The company may now choose to grow by boosting production from q1 to q2 on IQ2. If the firm makes this decision, its cost-minimizing equilibrium will be found at the point of tangency E2 (x2, y2) on L2M2 by using more of the inputs, x2 > x1 and y2 > y1, and incurring a cost level C2 on L2M2, which is the bare minimum required to produce the output of q2, and incurring a cost level C2 on L2M2, which is the bare minimum required to produce the output of C2 > C1 because L2M2 has a greater ICL than L2M2.
Similarly, the corporation may opt to boost its production from q2 to q3 on IQ3 as well. The point of tangency E3 (x3, y3) on the ICL, L3M3, would be the firm’s equilibrium point in this scenario. At E3, the company would employ even more inputs, x3 > x2 and y3 > y2, resulting in a cost level C3 on L3M3, which is the bare minimum for creating q3 of output. C3 > C2 because L3M3 has a greater ICL than L2M2.
The firm’s growth process may continue in this manner as long as it chooses to do so.
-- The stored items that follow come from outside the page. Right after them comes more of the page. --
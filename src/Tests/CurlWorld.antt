-- ===== src/Tests/CurlWorld.antt =====
-- A libcurl whose every transfer fails after a header and a part of the body.
use realm_lua_bootcamp.Prelude.{
  ℕ, zero, suc, ◌≡◌, ◌≢◌, refl, ap, ◌∙◌, List, [], ◌∷◌, ◌++◌, Option, none, some, length, sym,
  arith,
}
use realm_lua_bootcamp.Text.{Bytes, codes}
use realm_lua_bootcamp.Http.Request.{
  CurlOption, CurlApi, Response, Transfer, header_line, body_part,
}
use realm_lua_bootcamp.Http.Request.Laws.{
  Resource, handle, slist, Content, settings, texts, CurlLaws,
}

abbrev Cells : Type 0
Cells = List (Option Content)

abbrev at : Cells → ℕ → Option Content
at [] n = none
at (c ∷ cs) zero = c
at (c ∷ cs) (suc n) = at cs n

abbrev update : (Option Content → Option Content) → Cells → ℕ → Cells
update f [] n = []
update f (c ∷ cs) zero = f c ∷ cs
update f (c ∷ cs) (suc n) = c ∷ update f cs n

at-update :
    (f : Option Content → Option Content) (cs : Cells) (n : ℕ)
    → f none ≡ none
    → at (update f cs n) n ≡ f (at cs n)
at-update f [] n h = rw h refl
at-update f (c ∷ cs) zero h = refl
at-update f (c ∷ cs) (suc n) h = at-update f cs n h

at-update_other :
    (f : Option Content → Option Content) (cs : Cells) (n j : ℕ)
    → j ≢ n
    → at (update f cs n) j ≡ at cs j
at-update_other f [] n j h = refl
at-update_other f (c ∷ cs) zero zero h = absurd (h refl)
at-update_other f (c ∷ cs) zero (suc j) h = refl
at-update_other f (c ∷ cs) (suc n) zero h = refl
at-update_other f (c ∷ cs) (suc n) (suc j) h = at-update_other f cs n j (λ e. h (ap suc e))

at-length : (cs : Cells) → at cs (length cs) ≡ none
at-length [] = refl
at-length (c ∷ cs) = at-length cs

at-grown : (cs : Cells) (c : Option Content) → at (cs ++ c ∷ []) (length cs) ≡ c
at-grown [] c = refl
at-grown (d ∷ cs) c = at-grown cs c

at-grown_other :
    (cs : Cells) (c : Option Content) (j : ℕ) → j ≢ length cs → at (cs ++ c ∷ []) j ≡ at cs j
at-grown_other [] c zero h = absurd (h refl)
at-grown_other [] c (suc j) h = refl
at-grown_other (d ∷ cs) c zero h = refl
at-grown_other (d ∷ cs) c (suc j) h = at-grown_other cs c j (λ e. h (ap suc e))

-- What was made, and the responses that were handed on, the newest first.
pub record CurlWorld : Type 0 where
  pub handles : Cells
  pub lists : Cells
  pub answers : List Response

abbrev pub held : CurlWorld → Resource → Option Content
held w (handle zero) = none
held w (handle (suc h)) = at w.handles h
held w (slist zero) = some (texts [])
held w (slist (suc l)) = at w.lists l

pub same_held :
    (w : CurlWorld) (rs : List Response) (x : Resource)
    → held (record w { answers = rs }) x ≡ held w x
same_held w rs (handle zero) = refl
same_held w rs (handle (suc h)) = refl
same_held w rs (slist zero) = refl
same_held w rs (slist (suc l)) = refl

abbrev add_option : CurlOption → Option Content → Option Content
add_option o (some (settings os)) = some (settings (os ++ o ∷ []))
add_option o (some (texts ts)) = some (texts ts)
add_option o none = none

abbrev add_text : Bytes → Option Content → Option Content
add_text t (some (settings os)) = some (settings os)
add_text t (some (texts ts)) = some (texts (ts ++ t ∷ []))
add_text t none = none

abbrev dropped : Option Content → Option Content
dropped c = none

abbrev set_option : ℕ → CurlOption → CurlWorld → CurlWorld
set_option zero o w = w
set_option (suc h) o w = record w { handles = update (add_option o) w.handles h }

abbrev append_text : ℕ → Bytes → CurlWorld → ℕ × CurlWorld
append_text zero t w =
    (suc (length w.lists), record w { lists = w.lists ++ some (texts (t ∷ [])) ∷ [] })
append_text (suc l) t w = (suc l, record w { lists = update (add_text t) w.lists l })

abbrev close : ℕ → CurlWorld → CurlWorld
close zero w = w
close (suc h) w = record w { handles = update dropped w.handles h }

abbrev free : ℕ → CurlWorld → CurlWorld
free zero w = w
free (suc l) w = record w { lists = update dropped w.lists l }

abbrev pub timed_out : Transfer
timed_out = record {
  status = 28;
  deliveries =
      header_line (record { bytes = codes "Age: 7"; size = 1; nmemb = 6 })
      ∷ body_part (record { bytes = codes "ab"; size = 1; nmemb = 2 })
      ∷ [];
}

instance abbrev pub slow_curl : CurlApi CurlWorld
slow_curl = record {
  format = λ n v. n ++ codes ": " ++ v;
  easy_init =
      λ w. (suc (length w.handles), record w { handles = w.handles ++ some (settings []) ∷ [] });
  easy_setopt = set_option;
  slist_append = append_text;
  easy_perform = λ h w. (timed_out, w);
  print_failure = λ url body n w. w;
  get_response_code = λ h w. (some 200, w);
  easy_cleanup = close;
  slist_free_all = free;
}

new_lem : (w : CurlWorld) (h : ℕ) → length w.handles ≡ h → held w (handle (suc h)) ≡ none
new_lem w h e = rw (sym e) (at-length w.handles)

made_lem :
    (w : CurlWorld) (h : ℕ)
    → length w.handles ≡ h
    → held (slow_curl.easy_init w).1 (handle (suc h)) ≡ some (settings [])
made_lem w h e = rw (sym e) (at-grown w.handles (some (settings [])))

init_other_lem :
    (w : CurlWorld) (x : Resource)
    → x ≢ handle (suc (length w.handles))
    → held (slow_curl.easy_init w).1 x ≡ held w x
init_other_lem w (handle zero) h = refl
init_other_lem w (handle (suc j)) h =
    at-grown_other w.handles (some (settings [])) j (λ e. h (ap (λ n. handle (suc n)) e))
init_other_lem w (slist zero) h = refl
init_other_lem w (slist (suc l)) h = refl

handles_other :
    (f : Option Content → Option Content) (w : CurlWorld) (h : ℕ) (x : Resource)
    → x ≢ handle (suc h)
    → held (record w { handles = update f w.handles h }) x ≡ held w x
handles_other f w h (handle zero) n = refl
handles_other f w h (handle (suc j)) n =
    at-update_other f w.handles h j (λ e. n (ap (λ m. handle (suc m)) e))
handles_other f w h (slist zero) n = refl
handles_other f w h (slist (suc l)) n = refl

lists_other :
    (f : Option Content → Option Content) (w : CurlWorld) (l : ℕ) (x : Resource)
    → x ≢ slist (suc l)
    → held (record w { lists = update f w.lists l }) x ≡ held w x
lists_other f w l (handle zero) n = refl
lists_other f w l (handle (suc j)) n = refl
lists_other f w l (slist zero) n = refl
lists_other f w l (slist (suc j)) n =
    at-update_other f w.lists l j (λ e. n (ap (λ m. slist (suc m)) e))

setopt_lem :
    (w : CurlWorld) (h : ℕ) (o : CurlOption) (os : List CurlOption)
    → held w (handle h) ≡ some (settings os)
    → held (set_option h o w) (handle h) ≡ some (settings (os ++ o ∷ []))
setopt_lem w zero o os e = absurd (cc e)
setopt_lem w (suc h) o os e = at-update (add_option o) w.handles h refl ∙ ap (add_option o) e

setopt_other_lem :
    (w : CurlWorld) (h : ℕ) (o : CurlOption) (x : Resource)
    → x ≢ handle h
    → held (set_option h o w) x ≡ held w x
setopt_other_lem w zero o x n = refl
setopt_other_lem w (suc h) o x n = handles_other (add_option o) w h x n

append_lem :
    (w : CurlWorld) (l : ℕ) (t : Bytes) (ts : List Bytes)
    → held w (slist l) ≡ some (texts ts)
    → held (append_text l t w).1 (slist (append_text l t w).0) ≡ some (texts (ts ++ t ∷ []))
append_lem w zero t ts e = at-grown w.lists (some (texts (t ∷ []))) ∙ ap (add_text t) e
append_lem w (suc l) t ts e = at-update (add_text t) w.lists l refl ∙ ap (add_text t) e

append_other_lem :
    (w : CurlWorld) (l : ℕ) (t : Bytes) (x : Resource)
    → x ≢ slist (append_text l t w).0
    → held (append_text l t w).1 x ≡ held w x
append_other_lem w (suc l) t x n = lists_other (add_text t) w l x n
append_other_lem w zero t (handle zero) n = refl
append_other_lem w zero t (handle (suc h)) n = refl
append_other_lem w zero t (slist zero) n = refl
append_other_lem w zero t (slist (suc j)) n =
    at-grown_other w.lists (some (texts (t ∷ []))) j (λ e. n (ap (λ m. slist (suc m)) e))

cleanup_lem :
    (w : CurlWorld) (h : ℕ) (os : List CurlOption)
    → held w (handle h) ≡ some (settings os)
    → held (close h w) (handle h) ≡ none
cleanup_lem w zero os e = refl
cleanup_lem w (suc h) os e = at-update dropped w.handles h refl

cleanup_other_lem :
    (w : CurlWorld) (h : ℕ) (x : Resource) → x ≢ handle h → held (close h w) x ≡ held w x
cleanup_other_lem w zero x n = refl
cleanup_other_lem w (suc h) x n = handles_other dropped w h x n

free_other_lem : (w : CurlWorld) (l : ℕ) (x : Resource) → x ≢ slist l → held (free l w) x ≡ held w x
free_other_lem w zero x n = refl
free_other_lem w (suc l) x n = lists_other dropped w l x n

pub slow_laws : CurlLaws slow_curl held
slow_laws = record {
  null = λ w. refl;
  init_none = λ w x e. absurd (ground (arith, e));
  init_new = λ w h e. new_lem w h (cc e);
  init_made = λ w h e. made_lem w h (cc e);
  init_other = init_other_lem;
  setopt = setopt_lem;
  setopt_other = setopt_other_lem;
  append = append_lem;
  append_first = λ w t. at-length w.lists;
  append_more = λ w l t ts e. refl;
  append_other = append_other_lem;
  perform = λ w h x. refl;
  print = λ w url body n x. refl;
  get_info = λ w h x. refl;
  cleanup = cleanup_lem;
  cleanup_other = cleanup_other_lem;
  free_all = λ w l ts e. at-update dropped w.lists l refl;
  free_other = free_other_lem;
}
The expansion route, which would begin at the origin O and travel via the locations E1, E2, E3, and so on, would be acceptable.
If the business chose to shrink and create less output, the point of origin O, where the firm’s utilisation of inputs, cost level, and output all trend to zero, would be the limiting point of the contraction process.
The Expansion Path Equation
A point of tangency between an isoquant and an iso-cost line exists at each point on the expansion path. As a result, we obtain numerical slope of the IQ = numerical slope of the ICL at each location along the growth route.
MRTSX,Y = rX/rY MRTSX,Y = rX/rY MRTSX,Y = rX/
rX/rY = constant fX/fY= [… rX and rY are constant and provided]
As a result, we get the expansion route equation.